Soooo jetzt die Frage: Wenn ich mein F15 für PC über MEINEN Origin ACC ,den er an seiner PS4 Origin benutzt anmelde, habe ich dann ein leeres Spiel, oder kommt es da zu einem Konflikt zwischen seinem (Meinem) Origin PS4 acc. und meinem PC Acc der ja der selbe ist!!! Sprich habe ich dann iwie sein Team schon und habe mir seine PS4 Mannschaft auf meinem Fifa oder kann ich über den Acc. problemlos von Anfang an an PC spielen ohne sein Team zu haben????

Muss ich mir vllt. einen komplett neuen ACc. machen! Würde ich ungerne weil darauf auch BF3.4 und anderes ist!

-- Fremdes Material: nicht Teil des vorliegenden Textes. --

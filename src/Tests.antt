-- ===== src/Tests.antt =====
-- Runs and instances.
mod Tasks
mod Identities
mod Controllers
mod Terminals
mod Chains
mod Policies
mod Edits
mod Gated
mod Launches
mod Judges
mod Bodies
mod Versions
mod Slugs
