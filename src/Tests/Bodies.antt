-- ===== src/Tests/Bodies.antt =====
-- Bodies of chat entries, and instances of the theorems on them.
use playbook_harness.Identity.{all_id_chars, is_alnum}
use playbook_harness.Base.{◌≡◌, refl, some, ok}
use playbook_harness.Text.{text_eq, ends_with, starts_with, after_prefix, Text, codes}
use playbook_harness.ChatLog.{
  is_session_name, all_key_chars, is_event_key, has_return, split_at, all_name_chars, is_name,
  all_digits, is_marker, validate_entry_values,
}
use playbook_harness.ChatLog.Body.{
  decode_from, first_line, is_header, encode_from, encode_body, decode_body,
}

abbrev forged : Text
forged = codes "hi\n**[M007]** [now]"

abbrev escaped : Text
escaped = codes "\\**[M007]** x"

forged-encoded : encode_body forged ≡ codes "hi\n\\**[M007]** [now]"
unfolding encode_from is_header first_line is_marker all_digits is_name all_name_chars split_at
    has_return after_prefix starts_with ends_with text_eq
forged-encoded = refl

entry-valid :
    validate_entry_values (codes "T7:done") (codes "now") forged (some (codes "one")) (codes "k:1")
    ≡ ok tt
unfolding validate_entry_values is_event_key all_key_chars is_session_name is_alnum all_id_chars
    is_header first_line is_marker all_digits is_name all_name_chars split_at has_return
    after_prefix starts_with ends_with text_eq
entry-valid = refl

-- A line that begins with a backslash and a header loses the backslash.
escaped-lost : decode_body (encode_body escaped) ≡ codes "**[M007]** x"
unfolding encode_from decode_from is_header first_line is_marker all_digits is_name all_name_chars
    split_at has_return after_prefix starts_with ends_with text_eq
escaped-lost = refl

ICH WEIS KOMPLIZIERT GESCHRIEBEN  Aber brauche eure hilfe :/

ZUSAMMENFASSEND: KAnn ich über meinen Origin Acc. auf PC spielen und er über den selben ACC. auf PS4 phne das es da zu konflickten kommt ???? Und wie kann ich mir ne eigene Web App machen für PC ... geht das ...Er benutzt diese ja schon auf PS4 ???

MfG


----------



## freezy94 (21. September 2014)

Du kannst das den PS4 (und PS3) Account von Origin trennen und diesen dann auf einem anderen Account aktivieren.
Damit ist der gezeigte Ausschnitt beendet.